-- ===== src/Exit/Tests.antt =====
-- The theorems of the exit engine at concrete positions and configurations.
use automatamain.Base.{
  ◌+◌, ◌≤◌, ◌<◌, ◌≡◌, arith, true, false, none, some, List, [], ◌∷◌, refl, length, keep, ◌≢◌,
}
use automatamain.Base.Float.{Fixed, fixed_float, Fixed-IsFloat}
use automatamain.Exit.Types.{SmartBuyConfig, Position, LiveMetrics}
use automatamain.Exit.Tape.{exit_mcap_valid}
use automatamain.Exit.Rules.{sl_crash_triggered, profit_lock_staircase_floor}
use automatamain.Exit.Tick.{tick}
use automatamain.Exit.Tick.Observe.{View, raise_to_staircase}
use automatamain.Exit.Tick.Flags.{WhileOpen, Answers}
use automatamain.Exit.Tick.Order.{tick-Answers}
use automatamain.Exit.Tick.Stops.{stop_loss_rule}
use automatamain.Exit.Tick.Floors.{
  sl_rounds, sl_rounds_confirm, sl_close, staircase_protects, sl_confirm_truncated, Breaks,
}
use automatamain.Exit.Messages.{history}
use automatamain.Exit.History.{count_level, history_sells_level_once}
use automatamain.Exit.Flight.{count_sales, answers, history_one_in_flight}
use automatamain.Exit.Entry.{in_sl_grace_period}
use automatamain.Exit.Examples.{whole, minus, config, opened, losing, life}

history_sells_level_once_example : count_level 1 (history life (some opened)) ≤ 1
history_sells_level_once_example = history_sells_level_once 1 life opened

history_one_in_flight_example : count_sales true (history life (some opened)) ≤ 1 + answers life
history_one_in_flight_example = history_one_in_flight true life opened

tick-Answers_example :
    WhileOpen opened (tick config 1010 false opened)
    × Answers opened (tick config 1010 false opened)
tick-Answers_example = tick-Answers config 1010 false opened

losing-Breaks : Breaks config opened.exit_profit_floor losing
unfolding sl_crash_triggered in_sl_grace_period
losing-Breaks = record { no_crash = refl; out_of_grace = omega arith; below = refl }

sl_rounds_confirm_example : sl_rounds config (losing ∷ losing ∷ losing ∷ []) opened ≡ some sl_close
sl_rounds_confirm_example =
    sl_rounds_confirm config (losing ∷ losing ∷ losing ∷ []) opened (omega arith) (omega arith)
      (losing-Breaks, (losing-Breaks, (losing-Breaks, tt)))

-- A position whose profit has been 120 per cent, and a round at 35 per cent.
abbrev peaked : Position Fixed
peaked = record opened { peak_profit_pct = whole 120 }

abbrev falling : View Fixed
falling = record losing { profit = whole 35; profit_raw = whole 35; sl_profit = whole 35 }

abbrev one_tick : SmartBuyConfig Fixed
one_tick = record config { sl_confirm_ticks = 1 }

staircase_protects_example :
    (stop_loss_rule one_tick falling (raise_to_staircase one_tick peaked)).1 ≡ some sl_close
unfolding sl_crash_triggered in_sl_grace_period profit_lock_staircase_floor
staircase_protects_example =
    staircase_protects Fixed-IsFloat one_tick falling peaked (whole 40) refl refl (omega arith) refl
      refl (omega arith) refl refl

abbrev many_ticks : SmartBuyConfig Fixed
many_ticks = record config { sl_confirm_ticks = 256 }

sl_confirm_truncated_example : (stop_loss_rule many_ticks falling opened).1 ≡ some sl_close
unfolding sl_crash_triggered in_sl_grace_period
sl_confirm_truncated_example =
    sl_confirm_truncated many_ticks falling opened 0 (omega arith) (omega arith) refl

abbrev crashing : View Fixed
crashing = record losing { held_secs = 1; sl_profit = minus 40; profit_raw = minus 40 }

crash_closes : (stop_loss_rule config crashing opened).1 ≢ none
unfolding stop_loss_rule sl_crash_triggered in_sl_grace_period
crash_closes h = ground arith

abbrev good_metrics : LiveMetrics Fixed
good_metrics = record {
  buyers_per_sec = whole 5;
  smart_wallet_count = 4;
  buy_sell_ratio = whole 3;
  holder_growth_rate = whole 2;
  volume_delta = whole 1;
  liquidity_delta = whole 0;
  sell_pressure_score = whole 2;
  smart_wallet_exits = 1;
  momentum_decay = false;
  volume_decay = false;
  bundle_detected = true;
  momentum_overheated = false;
}

abbrev ticks : List Fixed
ticks = whole 48 ∷ whole 0 ∷ whole 52 ∷ []

some_valid : 0 < length (keep exit_mcap_valid ticks)
unfolding exit_mcap_valid
some_valid = omega arith
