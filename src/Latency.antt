-- ===== src/Latency.antt =====
-- The times of a buy on its way, as src/telemetry/buy_latency.rs keeps them for each mint. A reading
-- of the clock is an argument, in nanoseconds. What the code logs is returned.
pub mod Reports
pub mod Tests
use automatamain.Base.{
  ℕ, ◌-◌, ◌/◌, Bool, true, false, not, ◌&&◌, Option, none, some, List, [], ◌∷◌, map, if◌then◌else◌,
  ◌==◌,
}
use automatamain.Base.Assoc.{get?, insert, upsert, or_default}
use automatamain.Base.Set.{without}

pub record WalletTiming : Type 0 where
  pub sent : Option ℕ
  pub confirmed : Option ℕ

pub record Trace : Type 0 where
  pub created : ℕ
  pub score_done : Option ℕ
  pub gate : Option ℕ
  pub wallets : List (ℕ × WalletTiming)

abbrev pub Registry : Type 0
Registry = List (ℕ × Trace)

pub record WalletReport : Type 0 where
  pub wallet_id : ℕ
  pub gate_to_sent_ms : ℕ
  pub sent_ms : ℕ
  pub confirmed_ms : ℕ
  pub sent_to_confirmed_ms : ℕ

-- The record of `[LATENCY] buy path`; its wallets are not sorted.
pub record Report : Type 0 where
  pub mint : ℕ
  pub created_to_score_ms : ℕ
  pub created_to_gate_ms : ℕ
  pub score_to_gate_ms : ℕ
  pub wallets : List WalletReport

abbrev pub untimed : WalletTiming
untimed = record { sent = none; confirmed = none }

-- `HashMap::get_mut` and a change of the trace.
abbrev pub change_found : ℕ → (Trace → Trace) → Registry → Option Trace → Registry
change_found mint f g none = g
change_found mint f g (some t) = insert mint (f t) g

abbrev pub change_trace : ℕ → (Trace → Trace) → Registry → Registry
change_trace mint f g = change_found mint f g (get? mint g)

abbrev pub is_set : Option ℕ → Bool
is_set none = false
is_set (some x) = true

unfoldable pub on_created : ℕ → ℕ → Registry → Registry
on_created now mint g = elim (get? mint g) [
  | some t ↦ g
  | none ↦ insert mint (record { created = now; score_done = none; gate = none; wallets = [] }) g
]

unfoldable pub on_score_done : ℕ → ℕ → Registry → Registry
on_score_done now mint g = change_trace mint (λ t. record t { score_done = some now }) g

unfoldable pub on_gate : ℕ → ℕ → Registry → Registry
on_gate now mint g = change_trace mint (λ t. record t { gate = some now }) g

abbrev pub note_sent : ℕ → ℕ → Trace → Trace
note_sent now wallet_id t = record t {
  wallets = upsert untimed wallet_id (λ w. record w { sent = some now }) t.wallets;
}

unfoldable pub on_sent : ℕ → ℕ → ℕ → Registry → Registry
on_sent now mint wallet_id g = change_trace mint (note_sent now wallet_id) g

abbrev pub note_done : ℕ → ℕ → Trace → Trace
note_done now wallet_id t = record t {
  wallets = upsert untimed wallet_id (λ w. record w { confirmed = some now }) t.wallets;
}

abbrev pub is_timed : WalletTiming → Bool
is_timed w = is_set w.sent && is_set w.confirmed

abbrev pub all_timed : List (ℕ × WalletTiming) → Bool
all_timed [] = true
all_timed ((wallet_id, w) ∷ rest) = let others = all_timed rest in is_timed w && others

abbrev pub is_empty : List (ℕ × WalletTiming) → Bool
is_empty [] = true
is_empty (w ∷ rest) = false

-- `duration_since` is 0 for a later time.
abbrev pub ms : ℕ → ℕ → ℕ
ms from to = (to - from) / 1_000_000

abbrev pub ms_or_zero : Option ℕ → Option ℕ → ℕ
ms_or_zero (some from) (some to) = ms from to
ms_or_zero _ _ = 0

abbrev pub report_wallet : Trace → ℕ × WalletTiming → WalletReport
report_wallet t (wallet_id, w) = record {
  wallet_id = wallet_id;
  gate_to_sent_ms = ms_or_zero t.gate w.sent;
  sent_ms = ms_or_zero (some t.created) w.sent;
  confirmed_ms = ms_or_zero (some t.created) w.confirmed;
  sent_to_confirmed_ms = ms_or_zero w.sent w.confirmed;
}

abbrev pub log_of : ℕ → Trace → Report
log_of mint t = record {
  mint = mint;
  created_to_score_ms = ms_or_zero (some t.created) t.score_done;
  created_to_gate_ms = ms_or_zero (some t.created) t.gate;
  score_to_gate_ms = ms_or_zero t.score_done t.gate;
  wallets = map (report_wallet t) t.wallets;
}

abbrev pub forget : ℕ → Registry → Registry
forget mint g = without (λ e. e.0 == mint) g

-- A trace whose wallets are all done is logged and removed.
abbrev pub settle : ℕ → Trace → Registry → Registry × Option Report
settle mint t g =
    if not (is_empty t.wallets) && all_timed t.wallets
    then (forget mint (insert mint t g), some (log_of mint t))
    else (insert mint t g, none)

-- `on_confirmed` and `on_buy_failed`.
unfoldable pub mark_wallet_done : ℕ → ℕ → ℕ → Registry → Registry × Option Report
mark_wallet_done now mint wallet_id g = elim (get? mint g) [
  | none ↦ (g, none)
  | some t ↦ settle mint (note_done now wallet_id t) g
]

+++

[What is needed] Could you repeat exactly the lines in the listing above from the one with "pub wallets : List (ℕ × WalletTiming)" down to the one with "pub mint : ℕ"? Include both of those lines.

[Response to this exercise]
  pub wallets : List (ℕ × WalletTiming)

abbrev pub Registry : Type 0
Registry = List (ℕ × Trace)

pub record WalletReport : Type 0 where
  pub wallet_id : ℕ
  pub gate_to_sent_ms : ℕ
  pub sent_ms : ℕ
  pub confirmed_ms : ℕ
  pub sent_to_confirmed_ms : ℕ

-- The record of `[LATENCY] buy path`; its wallets are not sorted.
pub record Report : Type 0 where
  pub mint : ℕ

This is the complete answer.